Enfin, une large partie des espaces maritimes, sous juridiction française, se trouve à des points stratégiques comme le Pas-de-Calais, mais aussi le Canal du Mozambique, à proximité de notre 101ème département, Mayotte.
Il faut aussi avoir à l’esprit les actes de piraterie commis sur les navires de plaisance comme « le Tanit » et « le Ponant », sans oublier l’attentat sur le pétrolier français « le Limburg », tous attaqués au large de la Corne de l’Afrique et du Yémen.
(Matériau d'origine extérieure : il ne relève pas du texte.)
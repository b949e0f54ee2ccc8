-- ===== src/Messages/PageBodies.antt =====
-- src/core/message_projection.py with src/api/sessions.py: the rendered pages that a published
-- projection keeps.
--
-- `render` is the route's rendering of a page. A published projection never changes, so that an
-- append publishes another one, whose bodies start empty.
use claude_code_manager.Base.{
  ℕ, ◌≡◌, ◌↔◌, refl, sym, ap, Bool, true, ◌&&◌, Option, none, some, List, [], ◌∷◌, nat_eq,
  nat_eq_iff, Eq, max, min, subst, All, Option-cases, inl, inr, arith,
}
use claude_code_manager.Memo.{lookup, assign, move_to_end, evict}
use claude_code_manager.Memo.Entries.{All-assign, lookup_of_All, All-evict, All-move_to_end}
use claude_code_manager.Messages.Aggregator.{Event}
use claude_code_manager.Messages.Projection.{Projection, Page, slice_before, advanced}

abbrev pair_eq : ℕ × ℕ → ℕ × ℕ → Bool
pair_eq (a, b) (c, d) = nat_eq a c && nat_eq b d

pair_eq_iff : (x y : ℕ × ℕ) → (pair_eq x y ≡ true) ↔ (x ≡ y)
pair_eq_iff (a, b) (c, d) = ground (arith, nat_eq_iff a c, nat_eq_iff b d)

instance abbrev Pair_eq : Eq (ℕ × ℕ)
Pair_eq = record { beq = pair_eq; beq_iff = pair_eq_iff }

abbrev pub page_body_limit : ℕ
page_body_limit = 4

abbrev pub Bodies : Type 0 → Type 0
Bodies B = List ((ℕ × ℕ) × B)

module _ {B : Type 0} where
  unfoldable pub cached_page_body : ℕ → ℕ → Bodies B → Option B × Bodies B
  cached_page_body before limit bodies = elim (lookup (before, limit) bodies) [
    | none ↦ (none, bodies)
    | some body ↦ (some body, move_to_end (before, limit) bodies)
  ]

  unfoldable pub store_page_body : ℕ → ℕ → B → Bodies B → Bodies B
  store_page_body before limit body bodies =
      evict page_body_limit (assign (before, limit) body bodies)

pub record Published (B : Type 0) : Type 0 where
  pub view : Projection
  pub page_bodies : Bodies B

-- The limit of the route.
abbrev pub clamped : ℕ → ℕ
clamped limit = max 1 (min limit 200)

module _ {B : Type 0} (render : Page → B) where
  abbrev pub served : ℕ → ℕ → Published B → Option B × Bodies B → B × Published B
  served before limit p (some body, bodies) = (body, record p { page_bodies = bodies })
  served before limit p (none, bodies) =
      let body = render (slice_before before limit p.view) in
      (body, record p { page_bodies = store_page_body before limit body bodies })

  -- `get_session_events_page`, of a session without an archive
  unfoldable pub get_page : ℕ → ℕ → Published B → B × Published B
  get_page before limit p =
      served before (clamped limit) p (cached_page_body before (clamped limit) p.page_bodies)

  -- `advanced`, whose copy keeps no bodies
  unfoldable pub publish : List Event → Published B → Published B
  publish events p = record { view = advanced events p.view; page_bodies = [] }

pub data Step : Type 0 where
  request : ℕ → ℕ → Step
  append : List Event → Step

module _ {B : Type 0} (render : Page → B) where
  -- The bodies that the requests of a sequence of steps get.
  unfoldable pub bodies_served : List Step → Published B → List B
  bodies_served [] p = []
  bodies_served (request before limit ∷ steps) p =
      let (body, p') = get_page render before limit p in body ∷ bodies_served steps p'
  bodies_served (append events ∷ steps) p = bodies_served steps (publish render events p)

  -- What they get without any kept body.
  unfoldable pub bodies_rendered : List Step → Projection → List B
  bodies_rendered [] view = []
  bodies_rendered (request before limit ∷ steps) view =
      render (slice_before before (clamped limit) view) ∷ bodies_rendered steps view
  bodies_rendered (append events ∷ steps) view = bodies_rendered steps (advanced events view)

  -- Every kept body is the rendering of its page.
  abbrev IsPageOf : Projection → (ℕ × ℕ) × B → Type 0
  IsPageOf view x = x.1 ≡ render (slice_before x.0.0 x.0.1 view)

  IsGoodLookup : ℕ → ℕ → Published B → Option B × Bodies B → Type 0
  IsGoodLookup before limit p (none, bodies) = All (IsPageOf p.view) bodies
  IsGoodLookup before limit p (some body, bodies) =
      (body ≡ render (slice_before before limit p.view)) × All (IsPageOf p.view) bodies

  cached_page_body-IsGoodLookup :
      (before limit : ℕ) (p : Published B)
      → All (IsPageOf p.view) p.page_bodies
      → IsGoodLookup before limit p (cached_page_body before limit p.page_bodies)
  unfolding cached_page_body IsGoodLookup
  cached_page_body-IsGoodLookup before limit p h =
      elim (Option-cases (lookup (before, limit) p.page_bodies)) [
        | inl miss ↦
            let e : cached_page_body before limit p.page_bodies ≡ (none, p.page_bodies) =
              rw (miss, cached_page_body) refl in
            subst (IsGoodLookup before limit p) (sym e) h
        | inr (v, hit) ↦
            let moved : Bodies B = move_to_end (before, limit) p.page_bodies in
            let e : cached_page_body before limit p.page_bodies ≡ (some v, moved) =
              rw (hit, cached_page_body) refl in
            subst (IsGoodLookup before limit p) (sym e) (
              lookup_of_All (IsPageOf p.view) (before, limit) v p.page_bodies h hit,
              All-move_to_end (IsPageOf p.view) (before, limit) p.page_bodies h,
            )
      ]

  IsRightAnswer : ℕ → ℕ → Published B → B × Published B → Type 0
  IsRightAnswer before limit p (body, p') =
      (body ≡ render (slice_before before limit p.view))
      × (p'.view ≡ p.view)
      × All (IsPageOf p'.view) p'.page_bodies

  served-IsRightAnswer :
      (before limit : ℕ) (p : Published B) (found : Option B × Bodies B)
      → IsGoodLookup before limit p found
      → IsRightAnswer before limit p (served render before limit p found)
  unfolding IsGoodLookup IsRightAnswer store_page_body
  served-IsRightAnswer before limit p (none, bodies) h =
      let body : B = render (slice_before before limit p.view) in
      (
        refl,
        refl,
        All-evict (IsPageOf p.view) 4 (assign (before, limit) body bodies)
            (All-assign (IsPageOf p.view) (before, limit) body bodies h refl),
      )
  served-IsRightAnswer before limit p (some body, bodies) h = (h.0, refl, h.1)

  get_page-IsRightAnswer :
      (before limit : ℕ) (p : Published B)
      → All (IsPageOf p.view) p.page_bodies
      → IsRightAnswer before (clamped limit) p (get_page render before limit p)
  unfolding get_page
  get_page-IsRightAnswer before limit p h =
      served-IsRightAnswer before (clamped limit) p
        (cached_page_body before (clamped limit) p.page_bodies)
        (cached_page_body-IsGoodLookup before (clamped limit) p h)

  served-rendered :
      (steps : List Step) (p : Published B)
      → All (IsPageOf p.view) p.page_bodies
      → bodies_served steps p ≡ bodies_rendered steps p.view
  unfolding bodies_served bodies_rendered publish IsRightAnswer
  served-rendered [] p h = refl
  served-rendered (request before limit ∷ steps) p h =
      let (body, view, kept) = get_page-IsRightAnswer before limit p h in
      let p' : Published B = (get_page render before limit p).1 in
      let rest = served-rendered steps p' kept in let same = ap (bodies_rendered steps) view in cc
  served-rendered (append events ∷ steps) p h = served-rendered steps _ tt

  -- From a projection that has just been published, whatever pages are requested and whatever is
  -- appended in between: each request gets the rendering of the page that it names, of the
  -- projection as it is then.
  pub bodies_served-rendered :
      (steps : List Step) (view : Projection)
      → bodies_served steps (record { view = view; page_bodies = [] }) ≡ bodies_rendered steps view
  bodies_served-rendered steps view = served-rendered steps _ tt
Ces actes démontrent, s’il en est besoin, que nos intérêts peuvent être directement menacés.
Enfin, je souligne, qu’à l’initiative du groupe LR, le projet de loi renforçant la sécurité intérieure et la lutte contre le terrorisme, déjà adopté par le Sénat, et que nous examinerons à la rentrée, prévoit dans son article 7 la création d’un PNR (Passenger Name Record) maritime qui va renforcer, comme ces deux conventions, notre arsenal juridique, en matière de lutte contre le terrorisme.

C’est pourquoi, au nom du groupe « Les Républicains », nous voterons pour ce projet de loi de ratification des protocoles de Londres, visant à renforcer notre sécurité maritime, d’autant plus que ceux-ci sont cohérents avec les engagements internationaux et européens de la France, en matière de lutte contre le terrorisme.